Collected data
________________________

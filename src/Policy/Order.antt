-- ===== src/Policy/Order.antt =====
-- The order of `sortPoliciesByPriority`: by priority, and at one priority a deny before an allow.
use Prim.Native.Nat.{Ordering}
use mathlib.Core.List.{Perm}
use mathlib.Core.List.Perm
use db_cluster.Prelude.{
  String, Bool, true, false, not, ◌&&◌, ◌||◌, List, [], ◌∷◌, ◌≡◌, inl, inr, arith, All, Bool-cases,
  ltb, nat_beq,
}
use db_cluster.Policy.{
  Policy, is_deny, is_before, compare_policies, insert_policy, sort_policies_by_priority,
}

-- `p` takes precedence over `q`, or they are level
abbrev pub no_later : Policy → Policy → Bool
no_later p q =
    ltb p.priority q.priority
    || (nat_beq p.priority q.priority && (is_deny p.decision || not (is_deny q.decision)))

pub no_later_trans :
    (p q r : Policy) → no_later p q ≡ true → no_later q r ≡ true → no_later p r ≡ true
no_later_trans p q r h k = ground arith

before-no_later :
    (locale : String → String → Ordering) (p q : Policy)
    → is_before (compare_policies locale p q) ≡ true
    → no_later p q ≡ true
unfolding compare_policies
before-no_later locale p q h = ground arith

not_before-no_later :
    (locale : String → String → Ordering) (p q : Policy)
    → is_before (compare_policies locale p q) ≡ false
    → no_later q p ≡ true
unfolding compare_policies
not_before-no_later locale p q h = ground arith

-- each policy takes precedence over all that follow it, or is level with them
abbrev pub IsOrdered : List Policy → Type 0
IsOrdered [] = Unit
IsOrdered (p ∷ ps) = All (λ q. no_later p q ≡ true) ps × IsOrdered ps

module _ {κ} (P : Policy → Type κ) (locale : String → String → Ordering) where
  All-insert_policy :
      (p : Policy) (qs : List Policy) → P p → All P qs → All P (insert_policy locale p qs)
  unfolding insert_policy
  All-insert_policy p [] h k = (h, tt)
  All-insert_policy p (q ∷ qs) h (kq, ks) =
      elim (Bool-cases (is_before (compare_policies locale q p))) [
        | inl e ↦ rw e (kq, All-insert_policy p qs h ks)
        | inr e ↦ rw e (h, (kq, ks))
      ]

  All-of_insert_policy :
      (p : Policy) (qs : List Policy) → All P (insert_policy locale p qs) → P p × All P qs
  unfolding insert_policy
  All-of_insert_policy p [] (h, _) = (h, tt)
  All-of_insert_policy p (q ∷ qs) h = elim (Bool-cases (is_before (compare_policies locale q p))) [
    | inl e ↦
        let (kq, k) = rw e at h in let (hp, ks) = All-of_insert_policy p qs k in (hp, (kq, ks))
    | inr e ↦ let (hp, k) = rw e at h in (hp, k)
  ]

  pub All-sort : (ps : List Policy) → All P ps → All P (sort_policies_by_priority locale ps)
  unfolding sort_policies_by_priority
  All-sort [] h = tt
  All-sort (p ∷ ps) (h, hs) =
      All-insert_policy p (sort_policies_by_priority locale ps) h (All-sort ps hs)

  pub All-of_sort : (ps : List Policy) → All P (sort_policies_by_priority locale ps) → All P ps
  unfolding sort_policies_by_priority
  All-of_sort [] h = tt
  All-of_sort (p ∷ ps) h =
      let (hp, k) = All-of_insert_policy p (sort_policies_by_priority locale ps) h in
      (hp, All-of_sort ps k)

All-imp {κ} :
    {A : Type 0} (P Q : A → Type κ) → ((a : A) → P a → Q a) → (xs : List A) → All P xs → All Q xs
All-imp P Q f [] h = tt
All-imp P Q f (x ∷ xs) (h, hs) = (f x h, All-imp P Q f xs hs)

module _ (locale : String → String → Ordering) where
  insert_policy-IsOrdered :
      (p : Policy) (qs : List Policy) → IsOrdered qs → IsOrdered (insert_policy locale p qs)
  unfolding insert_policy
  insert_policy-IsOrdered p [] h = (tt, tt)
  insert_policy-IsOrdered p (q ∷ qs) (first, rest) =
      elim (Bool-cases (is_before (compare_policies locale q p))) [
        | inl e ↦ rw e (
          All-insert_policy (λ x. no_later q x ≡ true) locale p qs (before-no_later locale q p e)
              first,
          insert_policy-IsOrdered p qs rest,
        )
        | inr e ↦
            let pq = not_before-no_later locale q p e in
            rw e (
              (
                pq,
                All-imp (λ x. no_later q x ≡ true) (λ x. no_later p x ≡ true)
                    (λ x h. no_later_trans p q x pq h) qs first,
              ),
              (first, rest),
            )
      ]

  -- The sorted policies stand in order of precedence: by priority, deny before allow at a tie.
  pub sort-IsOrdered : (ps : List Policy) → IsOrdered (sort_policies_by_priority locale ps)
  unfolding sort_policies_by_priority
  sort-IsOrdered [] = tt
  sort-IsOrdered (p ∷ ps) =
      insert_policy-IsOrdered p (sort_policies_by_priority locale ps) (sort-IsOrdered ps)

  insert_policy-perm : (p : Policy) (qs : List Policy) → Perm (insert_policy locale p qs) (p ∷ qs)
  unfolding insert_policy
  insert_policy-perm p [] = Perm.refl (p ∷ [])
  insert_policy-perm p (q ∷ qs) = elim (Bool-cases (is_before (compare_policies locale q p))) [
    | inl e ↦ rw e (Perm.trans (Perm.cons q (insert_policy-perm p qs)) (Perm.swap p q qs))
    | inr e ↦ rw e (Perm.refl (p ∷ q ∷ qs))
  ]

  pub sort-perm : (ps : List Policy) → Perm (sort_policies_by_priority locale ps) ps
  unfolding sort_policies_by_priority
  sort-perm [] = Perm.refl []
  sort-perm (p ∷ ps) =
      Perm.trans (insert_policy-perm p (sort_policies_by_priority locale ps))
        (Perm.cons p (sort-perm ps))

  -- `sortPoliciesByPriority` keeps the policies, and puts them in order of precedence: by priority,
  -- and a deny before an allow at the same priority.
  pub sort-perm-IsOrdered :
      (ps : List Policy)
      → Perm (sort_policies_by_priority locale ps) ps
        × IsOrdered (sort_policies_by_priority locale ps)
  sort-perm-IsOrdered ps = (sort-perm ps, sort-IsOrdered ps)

________________________

■ ASSIGNMENT
Copy the records above exactly, leaving nothing out.

■ RESPONSE BELOW
filename src/Policy/Order.antt
-- ===== src/Policy/Order.antt =====
-- The order of `sortPoliciesByPriority`: by priority, and at one priority a deny before an allow.
use Prim.Native.Nat.{Ordering}
use mathlib.Core.List.{Perm}
use mathlib.Core.List.Perm
use db_cluster.Prelude.{
  String, Bool, true, false, not, ◌&&◌, ◌||◌, List, [], ◌∷◌, ◌≡◌, inl, inr, arith, All, Bool-cases,
  ltb, nat_beq,
}
use db_cluster.Policy.{
  Policy, is_deny, is_before, compare_policies, insert_policy, sort_policies_by_priority,
}

-- `p` takes precedence over `q`, or they are level
abbrev pub no_later : Policy → Policy → Bool
no_later p q =
    ltb p.priority q.priority
    || (nat_beq p.priority q.priority && (is_deny p.decision || not (is_deny q.decision)))

pub no_later_trans :
    (p q r : Policy) → no_later p q ≡ true → no_later q r ≡ true → no_later p r ≡ true
no_later_trans p q r h k = ground arith

before-no_later :
    (locale : String → String → Ordering) (p q : Policy)
    → is_before (compare_policies locale p q) ≡ true
    → no_later p q ≡ true
unfolding compare_policies
before-no_later locale p q h = ground arith

not_before-no_later :
    (locale : String → String → Ordering) (p q : Policy)
    → is_before (compare_policies locale p q) ≡ false
    → no_later q p ≡ true
unfolding compare_policies
not_before-no_later locale p q h = ground arith

-- each policy takes precedence over all that follow it, or is level with them
abbrev pub IsOrdered : List Policy → Type 0
IsOrdered [] = Unit
IsOrdered (p ∷ ps) = All (λ q. no_later p q ≡ true) ps × IsOrdered ps

module _ {κ} (P : Policy → Type κ) (locale : String → String → Ordering) where
  All-insert_policy :
      (p : Policy) (qs : List Policy) → P p → All P qs → All P (insert_policy locale p qs)
  unfolding insert_policy
  All-insert_policy p [] h k = (h, tt)
  All-insert_policy p (q ∷ qs) h (kq, ks) =
      elim (Bool-cases (is_before (compare_policies locale q p))) [
        | inl e ↦ rw e (kq, All-insert_policy p qs h ks)
        | inr e ↦ rw e (h, (kq, ks))
      ]

  All-of_insert_policy :
      (p : Policy) (qs : List Policy) → All P (insert_policy locale p qs) → P p × All P qs
  unfolding insert_policy
  All-of_insert_policy p [] (h, _) = (h, tt)
  All-of_insert_policy p (q ∷ qs) h = elim (Bool-cases (is_before (compare_policies locale q p))) [
    | inl e ↦
        let (kq, k) = rw e at h in let (hp, ks) = All-of_insert_policy p qs k in (hp, (kq, ks))
    | inr e ↦ let (hp, k) = rw e at h in (hp, k)
  ]

  pub All-sort : (ps : List Policy) → All P ps → All P (sort_policies_by_priority locale ps)
  unfolding sort_policies_by_priority
  All-sort [] h = tt
  All-sort (p ∷ ps) (h, hs) =
      All-insert_policy p (sort_policies_by_priority locale ps) h (All-sort ps hs)

  pub All-of_sort : (ps : List Policy) → All P (sort_policies_by_priority locale ps) → All P ps
  unfolding sort_policies_by_priority
  All-of_sort [] h = tt
  All-of_sort (p ∷ ps) h =
      let (hp, k) = All-of_insert_policy p (sort_policies_by_priority locale ps) h in
      (hp, All-of_sort ps k)

All-imp {κ} :
    {A : Type 0} (P Q : A → Type κ) → ((a : A) → P a → Q a) → (xs : List A) → All P xs → All Q xs
All-imp P Q f [] h = tt
All-imp P Q f (x ∷ xs) (h, hs) = (f x h, All-imp P Q f xs hs)

module _ (locale : String → String → Ordering) where
  insert_policy-IsOrdered :
      (p : Policy) (qs : List Policy) → IsOrdered qs → IsOrdered (insert_policy locale p qs)
  unfolding insert_policy
  insert_policy-IsOrdered p [] h = (tt, tt)
  insert_policy-IsOrdered p (q ∷ qs) (first, rest) =
      elim (Bool-cases (is_before (compare_policies locale q p))) [
        | inl e ↦ rw e (
          All-insert_policy (λ x. no_later q x ≡ true) locale p qs (before-no_later locale q p e)
              first,
          insert_policy-IsOrdered p qs rest,
        )
        | inr e ↦
            let pq = not_before-no_later locale q p e in
            rw e (
              (
                pq,
                All-imp (λ x. no_later q x ≡ true) (λ x. no_later p x ≡ true)
                    (λ x h. no_later_trans p q x pq h) qs first,
              ),
              (first, rest),
            )
      ]

  -- The sorted policies stand in order of precedence: by priority, deny before allow at a tie.
  pub sort-IsOrdered : (ps : List Policy) → IsOrdered (sort_policies_by_priority locale ps)
  unfolding sort_policies_by_priority
  sort-IsOrdered [] = tt
  sort-IsOrdered (p ∷ ps) =
      insert_policy-IsOrdered p (sort_policies_by_priority locale ps) (sort-IsOrdered ps)

  insert_policy-perm : (p : Policy) (qs : List Policy) → Perm (insert_policy locale p qs) (p ∷ qs)
  unfolding insert_policy
  insert_policy-perm p [] = Perm.refl (p ∷ [])
  insert_policy-perm p (q ∷ qs) = elim (Bool-cases (is_before (compare_policies locale q p))) [
    | inl e ↦ rw e (Perm.trans (Perm.cons q (insert_policy-perm p qs)) (Perm.swap p q qs))
    | inr e ↦ rw e (Perm.refl (p ∷ q ∷ qs))
  ]

  pub sort-perm : (ps : List Policy) → Perm (sort_policies_by_priority locale ps) ps
  unfolding sort_policies_by_priority
  sort-perm [] = Perm.refl []
  sort-perm (p ∷ ps) =
      Perm.trans (insert_policy-perm p (sort_policies_by_priority locale ps))
        (Perm.cons p (sort-perm ps))

  -- `sortPoliciesByPriority` keeps the policies, and puts them in order of precedence: by priority,
  -- and a deny before an allow at the same priority.
  pub sort-perm-IsOrdered :
      (ps : List Policy)
      → Perm (sort_policies_by_priority locale ps) ps
        × IsOrdered (sort_policies_by_priority locale ps)
  sort-perm-IsOrdered ps = (sort-perm ps, sort-IsOrdered ps)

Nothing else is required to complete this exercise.